Of course, there was a chance that her microbial analysis in the coming days would temper her fears, if it revealed that the evolution of this world was incompatible enough to grant her educated reason to believe that it wouldn't affect their own chemistry if given a chance.

But out loud, she simply said, in the almost disaffected, absent-minded tone that came with multi-tasking: "I'm sure we can repair it." A pause – then, with greater engagement: "Good sweep. Can you shine the flashlight in at an angle and get a closer image of the connectors? Don't burn your fingers." It was redundant advice – after all, Jason had previously handled the panel fine.

BLusk:

[01:14] Jason began juggling multiple items, the flashlight and camera and now the panel that he was jiggling aside so that the other two could see better past it. The wobbly image on the screen likely attested to his attempts, punctuated by a few 'hmmms' and 'ahas'. Finally he said, "How's it look?"

Dread:

[01:35] "My unschooled eye suggests it's probably all right," Samanta reasoned after another pause, her tone suggesting she'd put more thought into the observation than the flippant wording would otherwise imply. "We're checking manuals in here and investigating what spare parts this baby's equipped with, but even with the slow round-trip, I think you'll get an authoritative answer from ESA." Now there was a trace of humour in her voice, suggesting that maybe her worries did not run too deep. Finally: "Thanks for the visual record, Jason. That should be enough. How's the hull temperature feel? You seem to be handling it fine."

§ 2017-05-20 23:46:40

BLusk:

[01:47@bnc] "It cooled off quickly," he observed. "I mean, we've been landed for a bit... do you remember that study where they dropped a steak from low earth orbit to see if it cooked during descent? When it hit, it was charred on the outside and still frozen in the middle."

[02:05@bnc] He paused for a longer moment. "Of course, this isn't a steak, it's a specially heat-resistant panel designed for this. Maybe it was damaged during takeoff?" He cast his mind over the entire length of their trip... it had been long with lots of external checks, so the odds of it being missed for the entire time was almost nil. "And everything else checks out all right. Are you guys ready to get science-ing?"

§ 2017-05-26 22:37:52

Dread:

[22:53] Greg – at this point having finished his sweep and hovering beside Jason – resisted the urge to point out that no one had ever cast down a steak from low Earth orbit, even if it was a popular theory practise exercise, and there had been at least one celebrity thirty years back who had nearly gone through with it, there had never been an actual meteorite steak. "Got any particular night time sciencing in mind?" he asked instead.

§ 2017-05-27 18:49:30

BLusk:

[18:49] "Oh no," Jason declared. "You're not pinning ME with the science side of this. That's what you all are good at." He grinned again. "I'll take my IR scanner and my night vision goggles and look for creepy crawly things that might bite. Want to come along?" He motioned circularly around the capsule, indicating that he was not going to range overly far afield from their lifeblood.

Dread:

[18:56] Greg seemed to consider the prospect as though battling his curiosity in favour of another night in the fragment of Earth they'd brought with themselves – but it wasn't likely he was going to be able to catch any sleep, no matter how fleeting and shallow. "Samanta?"

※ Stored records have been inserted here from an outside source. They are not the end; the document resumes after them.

-- ===== src/Contacts/RoundTrip.antt =====
-- An export that is imported elsewhere gives the contacts back.
use orpal.Base.{
  suc, ◌>>=◌, String, Bool, true, false, List, [], ◌∷◌, ◌++◌, Option, none, some, ◌==◌, ◌≡◌, refl,
  sym, ap, ◌∙◌, if◌then◌else◌, All, arith, Bool-cases, inl, inr, eq_iff,
}
use mathlib.Core.List.{append-nil, append_assoc}
use orpal.Base.KeySet.{contains, add, contains-add}
use orpal.Json.{as_text, end, Json, is_record, lookup}
use orpal.Contacts.{
  optional, name_value, Contact, ContactCard, valid, or_else, contact_from_card, parse_contact_card,
  serialize_card,
}
use orpal.Contacts.Genuine.{IsBound, parse_contact_card_iff, IsCard}
use orpal.Contacts.Bundle.{
  ImportOptions, Imported, is_own, card_of, contact_of, accept, to_entry, entries_of, is_exported,
  export_contacts, import_card, import_entry, import_entries, import_contacts,
}
use orpal.Contacts.Import.{keys, IsDistinct}

-- What a contact is after its journey: lists and settings that were absent are the defaults.
abbrev pub restored : Contact → Contact
restored c = record c {
  preferred_boards = some (or_else c.preferred_boards []);
  fallback_boards = some (or_else c.fallback_boards []);
  auto_accept_migration = some (or_else c.auto_accept_migration false);
  is_loopback = none;
}

abbrev pub all_restored : List Contact → List Contact
all_restored [] = []
all_restored (c ∷ cs) = if is_exported c then restored c ∷ all_restored cs else all_restored cs

-- The contact can be imported: its binding is right, it has a time, and the importing device neither
-- is it nor has it.
pub record IsPortable (verify_binding : Json → Bool) (opts : ImportOptions) (c : Contact)
    : Type 0 where
  pub bound : IsBound verify_binding c.identity_key c.transport_key c.binding
  pub carried : is_record c.binding ≡ true
  pub dated : (c.added_utc == "") ≡ false
  pub foreign : is_own opts.own_key c.identity_key ≡ false
  pub absent : contains c.identity_key opts.existing_keys ≡ false

name_at : (n : Option String) → n ≡ (lookup "name" (optional "name" (name_value n) end) >>= as_text)
unfolding lookup
name_at none = refl
name_at (some s) = refl

serialize_card-IsCard :
    (verify_binding : Json → Bool) (c : ContactCard)
    → IsBound verify_binding c.identity_key c.transport_key c.binding
    → is_record c.binding ≡ true
    → IsCard verify_binding (serialize_card c) c
unfolding serialize_card lookup
serialize_card-IsCard verify_binding c b r = record {
  kind = refl;
  identity_field = refl;
  transport_field = refl;
  binding_field = refl;
  binding_record = r;
  name_field = name_at c.name;
  bound = b;
}

-- A serialized card is read back, where its binding is an object, verifies, and ties its two keys.
pub parse-serialize_card :
    (verify_binding : Json → Bool) (c : ContactCard)
    → IsBound verify_binding c.identity_key c.transport_key c.binding
    → is_record c.binding ≡ true
    → parse_contact_card verify_binding (serialize_card c) ≡ valid c
parse-serialize_card verify_binding c b r =
    (parse_contact_card_iff verify_binding (serialize_card c) c).1
      (serialize_card-IsCard verify_binding c b r)

-- The contacts ahead have other keys than the one that is imported.
later_unseen :
    (k : String) (seen : List String) (cs : List Contact)
    → contains k (keys cs) ≡ false
    → All (λ c. contains c.identity_key seen ≡ false) cs
    → All (λ c. contains c.identity_key (add k seen) ≡ false) cs
unfolding contains
later_unseen k seen [] h a = tt
later_unseen k seen (c ∷ cs) h (unseen, a) = (
  ground
      (arith, contains-add k c.identity_key seen, eq_iff k c.identity_key, eq_iff c.identity_key k),
  later_unseen k seen cs (ground arith) a,
)

-- The bookkeeping after a contact has been accepted.
accepted : ImportOptions → Contact → Imported → Imported
accepted opts c acc = record acc {
  contacts = acc.contacts ++ restored c ∷ [];
  seen = add c.identity_key acc.seen;
  imported = suc acc.imported;
}

module _ (verify_binding : Json → Bool) (opts : ImportOptions) where
  contact_of-to_entry :
      (c : Contact)
      → (c.added_utc == "") ≡ false
      → contact_of opts (to_entry c) (card_of (to_entry c)) ≡ restored c
  unfolding contact_of to_entry contact_from_card
  contact_of-to_entry c dated = simp dated refl

  import_entry-to_entry :
      (c : Contact) (acc : Imported)
      → IsPortable verify_binding opts c
      → contains c.identity_key acc.seen ≡ false
      → import_entry verify_binding opts (to_entry c) acc ≡ accepted opts c acc
  unfolding import_entry import_card accept accepted to_entry
  import_entry-to_entry c acc p unseen =
      simp
        (
          parse-serialize_card verify_binding (card_of (to_entry c)) p.bound p.carried,
          p.foreign,
          unseen,
          p.absent,
          contact_of-to_entry c p.dated,
        )
        refl

  import_entries-entries_of :
      (cs : List Contact) (acc : Imported)
      → All (IsPortable verify_binding opts) cs
      → IsDistinct cs
      → All (λ c. contains c.identity_key acc.seen ≡ false) cs
      → (import_entries verify_binding opts (entries_of cs) acc).contacts
        ≡ acc.contacts ++ all_restored cs
  unfolding import_entries accepted
  import_entries-entries_of [] acc p d u = sym (append-nil acc.contacts)
  import_entries-entries_of (c ∷ cs) acc (p, ps) (new, d) (u, us) =
      elim (Bool-cases (is_exported c)) [
        | inr own ↦ rw own (import_entries-entries_of cs acc ps d us)
        | inl out ↦ rw out (
            ap (λ a. (import_entries verify_binding opts (entries_of cs) a).contacts)
              (import_entry-to_entry c acc p u)
            ∙ (import_entries-entries_of cs (accepted opts c acc) ps d
                  (later_unseen c.identity_key acc.seen cs new us)
                ∙ append_assoc acc.contacts (restored c ∷ []) (all_restored cs)))
      ]

  nothing_seen : (cs : List Contact) → All (λ c. contains c.identity_key [] ≡ false) cs
  unfolding contains
  nothing_seen [] = tt
  nothing_seen (c ∷ cs) = (refl, nothing_seen cs)

-- The contacts of an export, imported where none of them is known, are the exported contacts, in
-- their order, without the diagnostic one, and with defaults for absent lists and settings. The
-- contacts have distinct keys, right bindings and times, and none is the importing device.
pub import-export_contacts :
    (verify_binding : Json → Bool) (opts : ImportOptions) (cs : List Contact) (now : String)
    → All (IsPortable verify_binding opts) cs
    → IsDistinct cs
    → (import_contacts verify_binding (export_contacts now cs) opts).contacts ≡ all_restored cs
unfolding import_contacts export_contacts
import-export_contacts verify_binding opts cs now p d =
    import_entries-entries_of verify_binding opts cs _ p d (nothing_seen verify_binding opts cs)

"Fine," she said. "Explore if you have to, but do it on foot. The rover stays. Stay in comm contact."

BLusk:

[19:08] Jason hadn't even thought of the rover, but sighed anyway as though disappointed. "But the rover was so much *fun* to drive back on earth!" At least he didn't use that faux huff that he occasionally pulled out. The led light played across his face, a ghostly, gaunt pall that certainly didn't help him look young. The avid look for life and movement made up for the transformation, showing him seriously looking for both security and scientific interest.